Court of Chancery Slashes Fees to Plaintiffs' Counsel Where Complaint Was Filed on Negotiable Merger Proposal
In Re Cox Communications Inc. Shareholders Litigation, C.A. No. 613-N, 879 A.2d 604(Del. Ch. June 6, 2005)
Vice Chancellor Strine ruled on a fee request in a case arising out of a proposal by the Cox Family to take Cox Communications private. The Family proposed a merger on fully negotiable terms with an opening bid of $32. The proposal was immediately followed by a flurry of class action lawsuits, as well as the formation of a special committee to review and evaluate the terms of the offer. The Family tentatively agreed with a special committee of independent directors to a price of $34.75 per share subject to approval by a majority of the minority stockholders and conditioned on settlement of the outstanding lawsuits, a final fairness opinion, and agreement on the terms of a final merger agreement.
Counsel for the plaintiffs eventually agreed that the $34.75 price accepted by the special committee was fair, accepted the other terms of the transaction, and agreed to settle their claims. After settlement, the Cox family agreed not to oppose a request by plaintiffs' counsel for payment of attorneys' fees of up to $4.95 million. Certain Cox stockholders, however, did object to the fee request and the Court of Chancery heard their obections.
The Court slashed a $4.95 million fee request to an award of $1.275 million and advised the plaintiff's bar to consider that award "generous."
On August 1, 2004, the Cox family submitted a negotiable merger proposal to acquire, for $32 per share, the 26% of the voting power of Cox Communications, Inc. that it did not own. Before the board could even appoint a special committee to consider the family's proposal, several stockholder lawsuits were filed challenging the fairness of the deal under Delaware's entire fairness standard.
After a lengthy negotiating process with an independent special committee, the Cox family reached an agreement at $34.75 per share, contingent upon approval of a majority of the minority shares and settlement of all outstanding lawsuits. The plaintiffs' attorneys, had no involvement in the negotiation process with the special committee, but agreed to settle the litigation upon presentation of the family's final offer price and the Cox family's agreement not to oppose an award of attorneys' fees of up to $4.95 million. The Cox family agreed.

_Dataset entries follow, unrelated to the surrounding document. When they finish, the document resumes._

-- ===== src/Tabs/Actions/Tests.antt =====
-- Runs of the actions on tabs, and their theorems at concrete inputs.
use valla_pos.Base.{◌≡◌, refl, true, false, none, some, [], ◌∷◌, filter, length, arith, inl}
use valla_pos.Base.Result.{ok}
use valla_pos.Money.Tests.{exact_fractions}
use valla_pos.Orders.Actions.{OrderStatus}
use valla_pos.Staff.{cashier}
use valla_pos.Register.Checkout.{Operator, cash, next_number}
use valla_pos.Register.Checkout.Tests.{as_is, tag, same_pin}
use valla_pos.Tabs.{TabLine, all, line_amount_due, plan_settlement, pick_seats}
use valla_pos.Tabs.Settle.{covered}
use valla_pos.Tabs.Edits.{
  Tab, TabRow, TabPayment, is_due, settled_tab, settle_lines_step, edit_tab, recompute_order_totals,
}
use valla_pos.Tabs.Edits.Balance.{IsBalanced, ids_of, settle_lines_step-IsBalanced}
use valla_pos.Tabs.Actions.{
  Floor, SettleInput, SettleResult, settled, seats_of, fresh_tab, find_tab, put_tab,
  load_open_order, is_occupied, open_tab, commit_edit, settle_gate, prepare_settle, settle_tab,
}
use valla_pos.Tabs.Actions.Sound.{IsSoundFloor, Run, here, next, opened, Run-IsSound}
use valla_pos.Tabs.Actions.Occupied.{IsSeated, Run-IsSeated}
use valla_pos.Tabs.Actions.Settled.{IsSettlement, settle_tab_lem}

abbrev tea_line : TabLine
tea_line = record {
  id = "l1";
  seat = none;
  total_cents = 1000;
  tax_cents = 83;
  settled_by_payment_id = none;
}

abbrev tea : TabRow
tea = record {
  line = tea_line;
  variation_id = "tea";
  name_snapshot = "Tea";
  unit_price_cents = 500;
  quantity = 2;
  discount_cents = 0;
  modifiers = [];
}

abbrev cake : TabRow
cake = record tea {
  line = record tea_line { id = "l2"; total_cents = 500; tax_cents = 41 };
  quantity = 1;
}

abbrev tab : Tab
tab = record (fresh_tab "o1" 1 "ann" "t1") { lines = tea ∷ cake ∷ [] }

-- The settlement was planned when the tea was the only line.
abbrev for_tea : TabPayment
for_tea = record {
  id = "p1";
  method = cash;
  amount_cents = 1183;
  tendered_cents = some 2000;
  change_cents = 817;
}

abbrev tea_paid : Tab
tea_paid = record tab {
  subtotal_cents = 1500;
  discount_cents = 0;
  tax_cents = 124;
  tip_cents = 100;
  total_cents = 1724;
  lines = record tea { line = record tea_line { settled_by_payment_id = some "p1" } } ∷ cake ∷ [];
  payments = for_tea ∷ [];
}

settles :
    settle_lines_step false for_tea (ids_of (covered all (tea_line ∷ []))) 100 tab ≡ some tea_paid
unfolding settle_lines_step settled_tab recompute_order_totals
settles = refl

settle_lines_step-IsBalanced_example :
    IsBalanced false tea_paid
    × (length (filter (is_due (ids_of (covered all (tea_line ∷ [])))) tab.lines)
        ≡ length (covered all (tea_line ∷ [])))
unfolding line_amount_due
settle_lines_step-IsBalanced_example =
    settle_lines_step-IsBalanced false all (tea_line ∷ []) for_tea 100 tab tea_paid (tt, tt)
      (refl, refl, inl refl, (refl, tt)) refl refl settles

abbrev more_tea : TabRow
more_tea = record tea {
  line = record tea_line { total_cents = 1500; tax_cents = 124 };
  quantity = 3;
}

-- The quantity of the tea was raised after the settlement was planned, and before its transaction.
abbrev raised : Tab
raised = record tab { lines = more_tea ∷ [] }

abbrev raised_paid : Tab
raised_paid = record raised {
  status = OrderStatus.paid;
  subtotal_cents = 1500;
  tax_cents = 124;
  tip_cents = 100;
  total_cents = 1724;
  lines =
      record more_tea {
        line = record tea_line {
          total_cents = 1500;
          tax_cents = 124;
          settled_by_payment_id = some "p1";
        };
      }
      ∷ [];
  payments = for_tea ∷ [];
}

-- The guard does not notice: the tab is closed as paid with a total of 1724 and one payment of 1183.
closes_underpaid : settle_lines_step false for_tea ("l1" ∷ []) 100 raised ≡ some raised_paid
unfolding settle_lines_step settled_tab recompute_order_totals
closes_underpaid = refl

abbrev floor : Floor
floor = record {
  tables = "t1" ∷ [];
  tabs = [];
  counter = none;
  catalog = [];
  members = [];
  tax_rate_bps = 825;
  tax_inclusive = false;
  throttle = [];
}

abbrev ann : Operator
ann = record { membership_id = "ann"; role = cashier; permissions = [] }

abbrev seated_floor : Floor
seated_floor = record floor { tabs = fresh_tab "o1" 1 "ann" "t1" ∷ []; counter = some 1 }

opens : open_tab "o1" (some ann) "t1" floor ≡ ok ("o1", seated_floor)
unfolding open_tab is_occupied next_number
opens = refl

run : Run exact_fractions as_is tag same_pin "b" floor seated_floor
run = next here (tt, λ id. omega arith) (opened "o1" (some ann) "t1" "o1" opens)

Run-IsSound_example : IsSoundFloor seated_floor
Run-IsSound_example = Run-IsSound exact_fractions as_is tag same_pin "b" tt run

Run-IsSeated_example : IsSeated seated_floor
Run-IsSeated_example =
    Run-IsSeated exact_fractions as_is tag same_pin "b" (λ table. omega arith) run

abbrev tab_floor : Floor
tab_floor = record floor { tabs = tab ∷ [] }

abbrev whole_tab : SettleInput
whole_tab = record {
  order_id = "o1";
  seats = none;
  tip_cents = 100;
  method = cash;
  cash_tendered_cents = 2000;
  manager_pin = none;
}

abbrev answer : SettleResult
answer = record { amount_cents = 1624; tip_cents = 100; change_cents = 276; closed = true }

abbrev whole_payment : TabPayment
whole_payment = record {
  id = "p2";
  method = cash;
  amount_cents = 1724;
  tendered_cents = some 2000;
  change_cents = 276;
}

abbrev tab_paid : Tab
tab_paid = settled_tab false whole_payment ("l1" ∷ "l2" ∷ []) 100 tab

pays :
    settle_tab same_pin "b" "p2" whole_tab (some ann) 5 tab_floor
    ≡ (settled answer, record tab_floor { tabs = tab_paid ∷ [] })
unfolding settle_tab settle_gate prepare_settle load_open_order find_tab seats_of plan_settlement
    pick_seats line_amount_due commit_edit edit_tab settle_lines_step settled_tab put_tab
    recompute_order_totals
pays = refl

settle_tab_lem_example :
    (t : Tab) × (t' : Tab) × (find_tab "o1" tab_floor.tabs ≡ some t)
    × (find_tab "o1" (tab_paid ∷ []) ≡ some t')
    × (t.status ≡ OrderStatus.open_tab)
    × IsSettlement false whole_tab answer t t'
settle_tab_lem_example =
    settle_tab_lem same_pin "b" "p2" whole_tab (some ann) 5 answer tab_floor
      (record tab_floor { tabs = tab_paid ∷ [] }) ((((refl, tt), (tt, tt)), tt), λ id. ground arith)
      pays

A group of stockholders led by University of Arizona Law School professor Elliott Weiss, however, filed an objection to the fee request. The objection claimed that the lawsuits were frivolous, and added little, if any, value to the final offer price. The objectors alleged that Delaware law was allowing "the plaintiffs' bar to reap
profits by filing cases that have no benefit to stockholders." The court in Cox was unwilling to conclude that the Cox lawsuits did not contribute marginally to the $2.75 per share price increase, and thus rejected the objectors' position that the laintiffs' lawyers should get nothing. However, the Court observed that in cases involving a a challenge to a fully negotiable merger proposal, plaintiffs' lawyers take no appreciable risk because it is fairly certain from the outset of the litigation that a special committee will negotiate the price upward. In such cases, the court held, plaintiffs' lawyers should not be rewarded with any risk premium.
Accordingly, the court cut the plaintiffs' lawyers' fee award from $4.95 million to $1.275 million and told the plaintiffs' lawyers to consider that generous.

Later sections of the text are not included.